# Your task:
Pull every line with the word "false" out of the entries below.

# Raw data:

-- ===== src/Executor/Finish.antt =====
-- How a run ends: within the limit of iterations, and never with work left unless it says so.
use ottoflow.Prelude.{
  ◌≤◌, ◌<◌, String, true, false, some, List, [], ◌∷◌, ◌≡◌, refl, sym, ◌∙◌, ◌⊎◌, inl, inr, ap, subst,
  ◌||◌, arith, Bool-cases, String-cases, contains, contains_self,
}
use ottoflow.Api.Step.{Step}
use ottoflow.Api.Run.{RunPhase, StepPhase}
use ottoflow.Dag.{unset}
use ottoflow.Dag.Declare.{is_step}
use ottoflow.Executor.{
  Env, Exec, End, returned, paused, failed_with, Next, next, stop, get_status, is_step_done,
  is_pending, find_step, statuses, run_step, run_ready,
}
use ottoflow.Executor.Ran.{
  Statuses, pending_at, Frozen-Others, Ran, find_step-name, run_step-Ran, run_step-passes,
}
use ottoflow.Executor.Order.{completed, completed_steps-congr}
use ottoflow.Executor.Order.{done_pending}
use ottoflow.Executor.Count.{
  IsDistinct, find_step-of-is_step, is_step-of-find_step, completed_steps-find, pending_count,
  pending_count-lt,
}

-- Every step is pending or done.
abbrev pub IsClean : List Step → Statuses → Type 0
IsClean steps m =
    (a : String) → is_step steps a ≡ true → (pending_at a m ≡ true) ⊎ (completed steps m a ≡ true)

module _ {W : Type 0} (env : Env W) (steps : List Step) (distinct : IsDistinct steps) where
  -- What an error return says: a step waits for its callback, or the run is marked as failed.
  abbrev pub Stopped : End → Exec W → Type 0
  Stopped returned y = ⊥
  Stopped (paused e) y =
      (name : String) × ((get_status name (statuses y)).phase ≡ StepPhase.waiting)
  Stopped (failed_with e) y = y.status.phase ≡ RunPhase.failed

  -- Progress by one step that was pending, or an error return.
  abbrev pub Progress : Exec W → Next W → Type 0
  Progress x (next b y) =
      (b ≡ true)
      × IsClean steps (statuses y)
      × (pending_count steps (statuses y) < pending_count steps (statuses x))
  Progress x (stop e y) = Stopped e y

  Ran-Progress :
      (s : Step) (x : Exec W) (r : Next W)
      → find_step s.name steps ≡ some s
      → pending_at s.name (statuses x) ≡ true
      → IsClean steps (statuses x)
      → Ran env s x r
      → Progress x r
  Ran-Progress s x (stop returned y) e p clean h = h
  Ran-Progress s x (stop (paused m) y) e p clean h = (s.name, h.1)
  Ran-Progress s x (stop (failed_with m) y) e p clean h = h.2
  Ran-Progress s x (next b y) e p clean (t, others, finished) = (
    t,
    λ a is. elim (String-cases s.name a) [
      | inl (q, r) ↦ inr (
          completed_steps-find steps (statuses y) unset a s distinct
            (subst (λ n. find_step n steps ≡ some s) q e)
          ∙ subst (λ n. is_step_done s (get_status n (statuses y)) ≡ true) q finished)
      | inr (q, r) ↦ elim (clean a is) [
        | inl still ↦ inl (ap (λ u. is_pending u.phase) (others a r) ∙ still)
        | inr c ↦ inr (
            completed_steps-congr steps (statuses x) (statuses y) unset unset a (others a r) refl
            ∙ c)
      ]
    ],
    pending_count-lt steps (statuses x) (statuses y) s.name
        (Frozen-Others s.name (statuses x) (statuses y) p others)
        (is_step-of-find_step steps s.name s e) p
        (done_pending s (get_status s.name (statuses y)) finished),
  )

  -- A name of a step: the step is run, or was run before.
  run_step-Progress :
      (name : String) (x : Exec W)
      → is_step steps name ≡ true
      → pending_at name (statuses x) ≡ true
      → IsClean steps (statuses x)
      → Progress x (run_step env steps name x)
  run_step-Progress name x is p clean =
      let (s, e) = find_step-of-is_step steps name is in
      let named = sym (find_step-name env name steps s e) in
      Ran-Progress s x (run_step env steps name x) (subst (λ n. find_step n steps ≡ some s) named e)
        (subst (λ n. pending_at n (statuses x) ≡ true) named p) clean
        (run_step-Ran env steps name s x e p)

  -- The rest of the ready steps, after one that was executed.
  abbrev Rest : Exec W → Next W → Type 0
  Rest x (next b y) =
      (b ≡ true)
      × IsClean steps (statuses y)
      × (pending_count steps (statuses y) ≤ pending_count steps (statuses x))
  Rest x (stop e y) = Stopped e y

  Rest-trans :
      (x y : Exec W)
      → pending_count steps (statuses y) ≤ pending_count steps (statuses x)
      → (r : Next W) → Rest y r
      → Rest x r
  Rest-trans x y h (next b z) (t, c, k) = (t, c, omega arith)
  Rest-trans x y h (stop e z) k = k

  Progress-Rest :
      (names : List String) (x : Exec W) (r : Next W)
      → Progress x r
      → ((y : Exec W) → IsClean steps (statuses y) → Rest y (run_ready env steps names true y))
      → Rest x (elim r [ stop e y ↦ stop e y | next b y ↦ run_ready env steps names (b || true) y ])
  Progress-Rest names x (stop e y) h rest = h
  Progress-Rest names x (next true y) (t, c, k) rest =
      Rest-trans x y (omega arith) (run_ready env steps names true y) (rest y c)
  Progress-Rest names x (next false y) (t, c, k) rest = absurd cc

  run_ready-Rest :
      (names : List String) (x : Exec W)
      → ((a : String) → contains a names ≡ true → is_step steps a ≡ true)
      → IsClean steps (statuses x)
      → Rest x (run_ready env steps names true x)
  unfolding run_ready
  run_ready-Rest [] x are clean = (refl, clean, omega arith)
  run_ready-Rest (name ∷ names) x are clean =
      let is = are name (contains_self name names) in
      let rest = λ (y : Exec W) (c : IsClean steps (statuses y)).
        run_ready-Rest names y (λ a m. are a (ground arith)) c in
      elim (Bool-cases (pending_at name (statuses x))) [
        | inl p ↦
            Progress-Rest names x (run_step env steps name x) (run_step-Progress name x is p clean)
              rest
        | inr p ↦
            let (s, e) = find_step-of-is_step steps name is in
            rw (run_step-passes env steps name s x e p, run_ready) (rest x clean)
      ]

  Progress-Progress :
      (names : List String) (x : Exec W) (r : Next W)
      → Progress x r
      → ((y : Exec W) → IsClean steps (statuses y) → Rest y (run_ready env steps names true y))
      → Progress x
          (elim r [ stop e y ↦ stop e y | next b y ↦ run_ready env steps names (b || false) y ])
  Progress-Progress names x (stop e y) h rest = h
  Progress-Progress names x (next false y) (t, c, k) rest = absurd cc
  Progress-Progress names x (next true y) (t, c, k) rest =
      join (run_ready env steps names true y) (rest y c)
    where
      join : (r : Next W) → Rest y r → Progress x r
      join (next b z) (t', c', k') = (t', c', omega arith)
      join (stop e z) h = h

  -- One iteration with a ready step makes progress.
  pub run_ready-Progress :
      (name : String) (names : List String) (x : Exec W)
      → ((a : String) → contains a (name ∷ names) ≡ true → is_step steps a ≡ true)
      → pending_at name (statuses x) ≡ true
      → IsClean steps (statuses x)
      → Progress x (run_ready env steps (name ∷ names) false x)
  unfolding run_ready
  run_ready-Progress name names x are p clean =
      Progress-Progress names x (run_step env steps name x)
        (run_step-Progress name x (are name (contains_self name names)) p clean)
        (λ y c. run_ready-Rest names y (λ a m. are a (ground arith)) c)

# Result for this exercise:
  ◌≤◌, ◌<◌, String, true, false, some, List, [], ◌∷◌, ◌≡◌, refl, sym, ◌∙◌, ◌⊎◌, inl, inr, ap, subst,
  Progress-Rest names x (next false y) (t, c, k) rest = absurd cc
          (elim r [ stop e y ↦ stop e y | next b y ↦ run_ready env steps names (b || false) y ])
  Progress-Progress names x (next false y) (t, c, k) rest = absurd cc
      → Progress x (run_ready env steps (name ∷ names) false x)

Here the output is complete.